- Task brief: Return the lines below that contain the word "first".

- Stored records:
---*---

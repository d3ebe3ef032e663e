-- ===== src/Datagram/Fresh.antt =====
-- The buffer that `init_rawsock` prepares can send.
use libnetpaxos.Prelude.{ℕ, ◌+◌, ◌%◌, ◌^◌, ◌≤◌, ◌≡◌, refl, arith, ap, sym, ◌∙◌, ◌⊎◌, inl, inr}
use libnetpaxos.Prelude.{List, [], ◌∷◌, length, drop, length-take, length-drop, replicate}
use libnetpaxos.Prelude.{Outcome, returned, ◌>>=◌}
use libnetpaxos.Message.{swap32}
use libnetpaxos.Message.Bytes.{le16}
use libnetpaxos.Datagram.{load16, store, init_rawsock, sin_addr, sin_port}
use libnetpaxos.Datagram.Fields.{
  stored, store_lem, length-stored, drop-stored_above, load16-stored_below, load16-drop, IsReady,
}

-- 200 bytes with a `tot_len` of 0.
abbrev IsBlank : List ℕ → Type 0
IsBlank b = (length b ≡ 200) × (load16 b 2 ≡ 0)

stored-IsBlank :
    (b : List ℕ) (off : ℕ) (src : List ℕ)
    → IsBlank b
    → off + length src ≤ 200
    → (4 ≤ off) ⊎ (off + length src ≤ 2)
    → IsBlank (stored b off src)
stored-IsBlank b off src blank fits (inl high) = (
  length-stored b off src (omega (arith, blank.0)) ∙ blank.0,
  load16-stored_below b off src 2 (omega (arith, blank.0)) (omega arith) ∙ blank.1,
)
stored-IsBlank b off src blank fits (inr low) = (
  length-stored b off src (omega (arith, blank.0)) ∙ blank.0,
  load16-drop 2 (stored b off src)
      ∙ ap (λ l. load16 l 0) (drop-stored_above b off src (omega (arith, blank.0)) 2 low)
      ∙ sym (load16-drop 2 b)
      ∙ blank.1,
)

-- Where a code can end with a blank buffer.
abbrev Blank : Outcome (List ℕ) → Type 0
Blank o = (b : List ℕ) × (o ≡ returned b) × IsBlank b

store-Blank :
    (b : List ℕ) (off : ℕ) (src : List ℕ)
    → IsBlank b
    → off + length src ≤ 200
    → (4 ≤ off) ⊎ (off + length src ≤ 2)
    → Blank (store b off src)
store-Blank b off src blank fits apart = (
  stored b off src,
  store_lem b off src (omega (arith, blank.0)),
  stored-IsBlank b off src blank fits apart,
)

then-Blank :
    {o : Outcome (List ℕ)} (k : List ℕ → Outcome (List ℕ))
    → Blank o
    → ((b : List ℕ) → IsBlank b → Blank (k b))
    → Blank (o >>= k)
then-Blank k (b, e, blank) next =
    let (r, e', blank') = next b blank in (r, ap (λ o. o >>= k) e ∙ e', blank')

-- With two socket addresses, `init_rawsock` does nothing undefined and its buffer is ready.
pub init_rawsock-IsReady :
    (mine dest : List ℕ)
    → length mine ≡ 16
    → length dest ≡ 16
    → (b : List ℕ) × (init_rawsock mine dest ≡ returned b) × IsReady b
unfolding init_rawsock
init_rawsock-IsReady mine dest sm sd =
    let (b, e, blank) = all in (b, e, record { size = blank.0; bounded = omega (arith, blank.1) })
  where
    addr : (a : List ℕ) → length a ≡ 16 → length (sin_addr a) ≡ 4
    addr a s = omega (arith, length-take {0} 4 (drop 4 a), length-drop {0} 4 a)

    port : (a : List ℕ) → length a ≡ 16 → length (sin_port a) ≡ 2
    port a s = omega (arith, length-take {0} 2 (drop 2 a), length-drop {0} 2 a)

    all : Blank (init_rawsock mine dest)
    all =
        then-Blank _
          (store-Blank (replicate 200 0) 0 (0x45 ∷ []) (refl, refl) (omega arith)
            (inr (omega arith)))
          λ c0 k0.
            then-Blank _ (store-Blank c0 1 (0 ∷ []) k0 (omega arith) (inr (omega arith))) λ c1 k1.
              then-Blank _
                (store-Blank c1 4 (le16 (swap32 54321 % 2 ^ 16)) k1 (omega arith)
                  (inl (omega arith)))
                λ c2 k2.
                  then-Blank _ (store-Blank c2 6 (le16 0) k2 (omega arith) (inl (omega arith)))
                    λ c3 k3.
                      then-Blank _
                        (store-Blank c3 8 (255 ∷ []) k3 (omega arith) (inl (omega arith)))
                        λ c4 k4.
                          then-Blank _
                            (store-Blank c4 9 (17 ∷ []) k4 (omega arith) (inl (omega arith)))
                            λ c5 k5.
                              then-Blank _
                                (store-Blank c5 10 (le16 0) k5 (omega arith) (inl (omega arith)))
                                λ c6 k6.
                                  then-Blank _
                                    (store-Blank c6 12 (sin_addr mine) k6
                                      (omega (arith, addr mine sm)) (inl (omega arith)))
                                    λ c7 k7.
                                      then-Blank _
                                        (store-Blank c7 16 (sin_addr dest) k7
                                          (omega (arith, addr dest sd)) (inl (omega arith)))
                                        λ c8 k8.
                                          then-Blank _
                                            (store-Blank c8 20 (sin_port mine) k8
                                              (omega (arith, port mine sm)) (inl (omega arith)))
                                            λ c9 k9.
                                              then-Blank _
                                                (store-Blank c9 22 (sin_port dest) k9
                                                  (omega (arith, port dest sd)) (inl (omega arith)))
                                                λ c10 k10.
                                                  store-Blank c10 26 (le16 0) k10 (omega arith)
                                                    (inl (omega arith))
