-- ===== src/CliApp/Tests.antt =====
-- A client that begins with two requests and gets one answer.
use libnetpaxos.Prelude.{ℕ, ◌≡◌, ◌<◌, ◌-◌, ◌^◌, refl, arith, List, ◌∷◌, replicate, returned}
use libnetpaxos.Datagram.{init_rawsock}
use libnetpaxos.Datagram.Fields.{IsReady}
use libnetpaxos.Datagram.Fresh.{init_rawsock-IsReady}
use libnetpaxos.Proposer.{ProposerState}
use libnetpaxos.CliApp.{AppCtx, Chance, new_app_ctx, deliver_response, id_of}
use libnetpaxos.CliApp.Loop.{
  IsClient, IsChance, IsRepeated, new_app_ctx-IsClient, deliver_response-IsRepeated,
}

abbrev addr : ℕ → List ℕ
addr host = 2 ∷ 0 ∷ 0x22 ∷ 0xb8 ∷ 10 ∷ 0 ∷ 0 ∷ host ∷ replicate 8 0

socket : (b : List ℕ) × (init_rawsock (addr 1) (addr 2) ≡ returned b) × IsReady b
socket = init_rawsock-IsReady (addr 1) (addr 2) refl refl

abbrev state : ProposerState
state = record { datagram = socket.0; mine = addr 1; outstanding = 2 }

started :
    (ctx : AppCtx) × (new_app_ctx state (replicate 40 7) ≡ returned ctx)
    × IsClient ctx
    × (ctx.request_id ≡ 0)
started = new_app_ctx-IsClient state (replicate 40 7) refl refl socket.2

abbrev client : AppCtx
client = record started.0 { request_id = 0 }

client-IsClient : IsClient client
client-IsClient = record { size = started.2.size; mine = started.2.mine; ready = started.2.ready }

abbrev chance : ℕ → Chance
chance k = record {
  random = k;
  now = k ∷ replicate 15 0;
  local = record {
    inst = 1;
    rnd = 2;
    vrnd = 3;
    acptid = 4;
    msgtype = 5;
    paxosval = replicate 32 6;
    client = replicate 16 7;
  };
}

chance-IsChance : (k : ℕ) → IsChance (chance k)
chance-IsChance k = record { clock = refl; client = refl }

abbrev answer : List ℕ
answer = 1 ∷ 0 ∷ 0 ∷ 0 ∷ replicate 36 7

id_small : id_of answer < 2 ^ 31 - 1
unfolding id_of
id_small = omega arith

deliver_response-IsRepeated_example :
    (ctx' : AppCtx) × (sent : List ℕ) × (deliver_response (chance 5) answer client
      ≡ returned (ctx', sent))
    × IsRepeated client ctx' answer sent
deliver_response-IsRepeated_example =
    deliver_response-IsRepeated (chance 5) client answer client-IsClient (chance-IsChance 5)
      (omega arith) (omega arith) id_small
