-- ===== src/Config/Parse.antt =====
-- lib/src/config.c: reading a configuration file, a key and a value on each line.
pub mod Settings
use libnetpaxos.Prelude.{
  ℕ, zero, suc, ◌+◌, ◌*◌, ◌-◌, ◌^◌, Bool, true, false, ◌&&◌, ◌||◌, Option, some, none,
}
use libnetpaxos.Prelude.{List, [], ◌∷◌, ◌++◌, length, ltb, leb, ◌==◌, if◌then◌else◌}
use libnetpaxos.Prelude.{Outcome, returned, exited, fault, ◌>>=◌}
use libnetpaxos.Prelude.{same_word}
use libnetpaxos.Prelude.Int.{ℤ, pos, negsuc}
use libnetpaxos.Config.{Config, init_conf}
use libnetpaxos.Message.Copy.{strcpy}

abbrev pub is_space : ℕ → Bool
is_space c = c == 32 || leb 9 c && leb c 13

abbrev pub skip_space : List ℕ → List ℕ
skip_space [] = []
skip_space (c ∷ cs) = if is_space c then skip_space cs else c ∷ cs

-- The bytes before the next white space, and from it on.
unfoldable pub word : List ℕ → List ℕ × List ℕ
word [] = ([], [])
word (c ∷ cs) = let rest = word cs in if is_space c then ([], c ∷ cs) else (c ∷ rest.0, rest.1)

abbrev pub store_word : ℕ → List ℕ → Outcome (Option (List ℕ))
store_word size [] = returned none
store_word size (c ∷ cs) = if ltb (suc (length cs)) size then returned (some (c ∷ cs)) else fault

-- `sscanf(line, "%s %s", key, value)` into arrays of 20 and 256 bytes: the words stored, without
-- their terminating zero. `none` is an array that is not written; a word that is too long leaves
-- its array.
unfoldable pub scan : List ℕ → Outcome (Option (List ℕ) × Option (List ℕ))
scan line = do
  let first = word (skip_space line)
  let second = word (skip_space first.1)
  key ← store_word 20 first.0
  value ← store_word 256 second.0
  returned (key, value)

abbrev digit : ℕ → Bool
digit c = leb 48 c && leb c 57

-- The decimal number at the start of a string.
unfoldable pub decimal : ℕ → List ℕ → ℕ
decimal n [] = n
decimal n (c ∷ cs) = let rest = decimal (n * 10 + (c - 48)) cs in if digit c then rest else n

-- An `int`, or undefined.
unfoldable pub in_int : Bool → ℕ → Outcome ℤ
in_int false n = if ltb n (2 ^ 31) then returned (pos n) else fault
in_int true zero = returned (pos 0)
in_int true (suc n) = if ltb n (2 ^ 31) then returned (negsuc n) else fault

-- `atoi` of a word.
unfoldable pub atoi : List ℕ → Outcome ℤ
atoi [] = returned (pos 0)
atoi (c ∷ cs) =
    if c == 45
    then in_int true (decimal 0 cs)
    else if c == 43
    then in_int false (decimal 0 cs)
    else in_int false (decimal 0 (c ∷ cs))

-- What is done with the value of a key. A value that was not written is undefined to read.
abbrev pub Action : Type 0
Action = Option (List ℕ) → Config → Outcome Config

unfoldable pub set_int : (ℤ → Config → Config) → Action
set_int f none conf = fault
set_int f (some value) conf = atoi value >>= λ n. returned (f n conf)

-- `strcpy` into one of the four addresses.
unfoldable pub set_addr : (Config → List ℕ) → (List ℕ → Config → Config) → Action
set_addr get f none conf = fault
set_addr get f (some value) conf =
    strcpy (get conf) (value ++ 0 ∷ []) >>= λ addr. returned (f addr conf)

unfoldable pub skip : Action
skip value conf = returned conf

-- "//"
abbrev pub key_comment : List ℕ
key_comment = 47 ∷ 47 ∷ []

-- "ROLE"
abbrev pub key_role : List ℕ
key_role = 82 ∷ 79 ∷ 76 ∷ 69 ∷ []

-- "VERBOSE"
abbrev pub key_verbose : List ℕ
key_verbose = 86 ∷ 69 ∷ 82 ∷ 66 ∷ 79 ∷ 83 ∷ 69 ∷ []

-- "SECOND"
abbrev pub key_second : List ℕ
key_second = 83 ∷ 69 ∷ 67 ∷ 79 ∷ 78 ∷ 68 ∷ []

-- "MICROSECOND"
abbrev pub key_microsecond : List ℕ
key_microsecond = 77 ∷ 73 ∷ 67 ∷ 82 ∷ 79 ∷ 83 ∷ 69 ∷ 67 ∷ 79 ∷ 78 ∷ 68 ∷ []

-- "LEARNER_ADDR"
abbrev pub key_learner_addr : List ℕ
key_learner_addr = 76 ∷ 69 ∷ 65 ∷ 82 ∷ 78 ∷ 69 ∷ 82 ∷ 95 ∷ 65 ∷ 68 ∷ 68 ∷ 82 ∷ []

-- "PROPOSER_ADDR"
abbrev pub key_proposer_addr : List ℕ
key_proposer_addr = 80 ∷ 82 ∷ 79 ∷ 80 ∷ 79 ∷ 83 ∷ 69 ∷ 82 ∷ 95 ∷ 65 ∷ 68 ∷ 68 ∷ 82 ∷ []

-- "COORDINATOR_ADDR"
abbrev pub key_coordinator_addr : List ℕ
key_coordinator_addr =
    67 ∷ 79 ∷ 79 ∷ 82 ∷ 68 ∷ 73 ∷ 78 ∷ 65 ∷ 84 ∷ 79 ∷ 82 ∷ 95 ∷ 65 ∷ 68 ∷ 68 ∷ 82 ∷ []

-- "ACCEPTOR_ADDR"
abbrev pub key_acceptor_addr : List ℕ
key_acceptor_addr = 65 ∷ 67 ∷ 67 ∷ 69 ∷ 80 ∷ 84 ∷ 79 ∷ 82 ∷ 95 ∷ 65 ∷ 68 ∷ 68 ∷ 82 ∷ []

-- "LEARNER_PORT"
abbrev pub key_learner_port : List ℕ
key_learner_port = 76 ∷ 69 ∷ 65 ∷ 82 ∷ 78 ∷ 69 ∷ 82 ∷ 95 ∷ 80 ∷ 79 ∷ 82 ∷ 84 ∷ []

-- "PROPOSER_PORT"
abbrev pub key_proposer_port : List ℕ
key_proposer_port = 80 ∷ 82 ∷ 79 ∷ 80 ∷ 79 ∷ 83 ∷ 69 ∷ 82 ∷ 95 ∷ 80 ∷ 79 ∷ 82 ∷ 84 ∷ []

-- "COORDINATOR_PORT"
abbrev pub key_coordinator_port : List ℕ
key_coordinator_port =
    67 ∷ 79 ∷ 79 ∷ 82 ∷ 68 ∷ 73 ∷ 78 ∷ 65 ∷ 84 ∷ 79 ∷ 82 ∷ 95 ∷ 80 ∷ 79 ∷ 82 ∷ 84 ∷ []

-- "ACCEPTOR_PORT"
abbrev pub key_acceptor_port : List ℕ
key_acceptor_port = 65 ∷ 67 ∷ 67 ∷ 69 ∷ 80 ∷ 84 ∷ 79 ∷ 82 ∷ 95 ∷ 80 ∷ 79 ∷ 82 ∷ 84 ∷ []

-- "MAXINST"
abbrev pub key_maxinst : List ℕ
key_maxinst = 77 ∷ 65 ∷ 88 ∷ 73 ∷ 78 ∷ 83 ∷ 84 ∷ []

-- "ENABLE_PAXOS"
abbrev pub key_enable_paxos : List ℕ
key_enable_paxos = 69 ∷ 78 ∷ 65 ∷ 66 ∷ 76 ∷ 69 ∷ 95 ∷ 80 ∷ 65 ∷ 88 ∷ 79 ∷ 83 ∷ []

-- "OUTSTANDING"
abbrev pub key_outstanding : List ℕ
key_outstanding = 79 ∷ 85 ∷ 84 ∷ 83 ∷ 84 ∷ 65 ∷ 78 ∷ 68 ∷ 73 ∷ 78 ∷ 71 ∷ []

-- "PAXOS_MSGTYPE"
abbrev pub key_paxos_msgtype : List ℕ
key_paxos_msgtype = 80 ∷ 65 ∷ 88 ∷ 79 ∷ 83 ∷ 95 ∷ 77 ∷ 83 ∷ 71 ∷ 84 ∷ 89 ∷ 80 ∷ 69 ∷ []

-- "PADSIZE"
abbrev pub key_padsize : List ℕ
key_padsize = 80 ∷ 65 ∷ 68 ∷ 83 ∷ 73 ∷ 90 ∷ 69 ∷ []

-- "VLEN"
abbrev pub key_vlen : List ℕ
key_vlen = 86 ∷ 76 ∷ 69 ∷ 78 ∷ []

-- "NUM_ACCEPTORS"
abbrev pub key_num_acceptors : List ℕ
key_num_acceptors = 78 ∷ 85 ∷ 77 ∷ 95 ∷ 65 ∷ 67 ∷ 67 ∷ 69 ∷ 80 ∷ 84 ∷ 79 ∷ 82 ∷ 83 ∷ []

-- The branches of the loop of `parse_conf`, in their order: the first one whose key is that of the
-- line is taken.
abbrev pub branches : List (List ℕ × Action)
branches =
    (key_role, set_int (λ n conf. record conf { role = n }))
    ∷ (key_comment, skip)
    ∷ (key_verbose, set_int (λ n conf. record conf { verbose = n }))
    ∷ (key_second, set_int (λ n conf. record conf { second = n }))
    ∷ (key_microsecond, set_int (λ n conf. record conf { microsecond = n }))
    ∷ (
      key_learner_addr,
      set_addr (λ conf. conf.learner_addr) (λ a conf. record conf { learner_addr = a }),
    )
    ∷ (
      key_proposer_addr,
      set_addr (λ conf. conf.proposer_addr) (λ a conf. record conf { proposer_addr = a }),
    )
    ∷ (
      key_coordinator_addr,
      set_addr (λ conf. conf.coordinator_addr) (λ a conf. record conf { coordinator_addr = a }),
    )
    ∷ (
      key_acceptor_addr,
      set_addr (λ conf. conf.acceptor_addr) (λ a conf. record conf { acceptor_addr = a }),
    )
    ∷ (key_learner_port, set_int (λ n conf. record conf { learner_port = n }))
    ∷ (key_proposer_port, set_int (λ n conf. record conf { proposer_port = n }))
    ∷ (key_coordinator_port, set_int (λ n conf. record conf { coordinator_port = n }))
    ∷ (key_acceptor_port, set_int (λ n conf. record conf { acceptor_port = n }))
    ∷ (key_maxinst, set_int (λ n conf. record conf { maxinst = n }))
    ∷ (key_enable_paxos, set_int (λ n conf. record conf { enable_paxos = n }))
    ∷ (key_outstanding, set_int (λ n conf. record conf { outstanding = n }))
    ∷ (key_paxos_msgtype, set_int (λ n conf. record conf { paxos_msgtype = n }))
    ∷ (key_padsize, set_int (λ n conf. record conf { padsize = n }))
    ∷ (key_vlen, set_int (λ n conf. record conf { vlen = n }))
    ∷ (key_num_acceptors, set_int (λ n conf. record conf { num_acceptors = n }))
    ∷ []

abbrev pub branch_of : List ℕ → List (List ℕ × Action) → Action
branch_of key [] = skip
branch_of key ((k, a) ∷ rest) = if same_word key k then a else branch_of key rest

-- One line. A key that was not written is undefined to read.
unfoldable pub parse_line : List ℕ → Config → Outcome Config
parse_line line conf = scan line >>= λ (key, value). elim key [
  | none ↦ fault
  | some k ↦ branch_of k branches value conf
]

unfoldable pub parse_lines : List (List ℕ) → Config → Outcome Config
parse_lines [] conf = returned conf
parse_lines (line ∷ rest) conf = parse_line line conf >>= λ conf'. parse_lines rest conf'

-- `parse_conf` on the lines that `getline` reads, `none` if the file cannot be opened.
unfoldable pub parse_conf : Option (List (List ℕ)) → Outcome Config
parse_conf none = exited
parse_conf (some lines) = parse_lines lines init_conf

---*---

- Response box:
  let first = word (skip_space line)
  let second = word (skip_space first.1)
  key ← store_word 20 first.0
-- The branches of the loop of `parse_conf`, in their order: the first one whose key is that of the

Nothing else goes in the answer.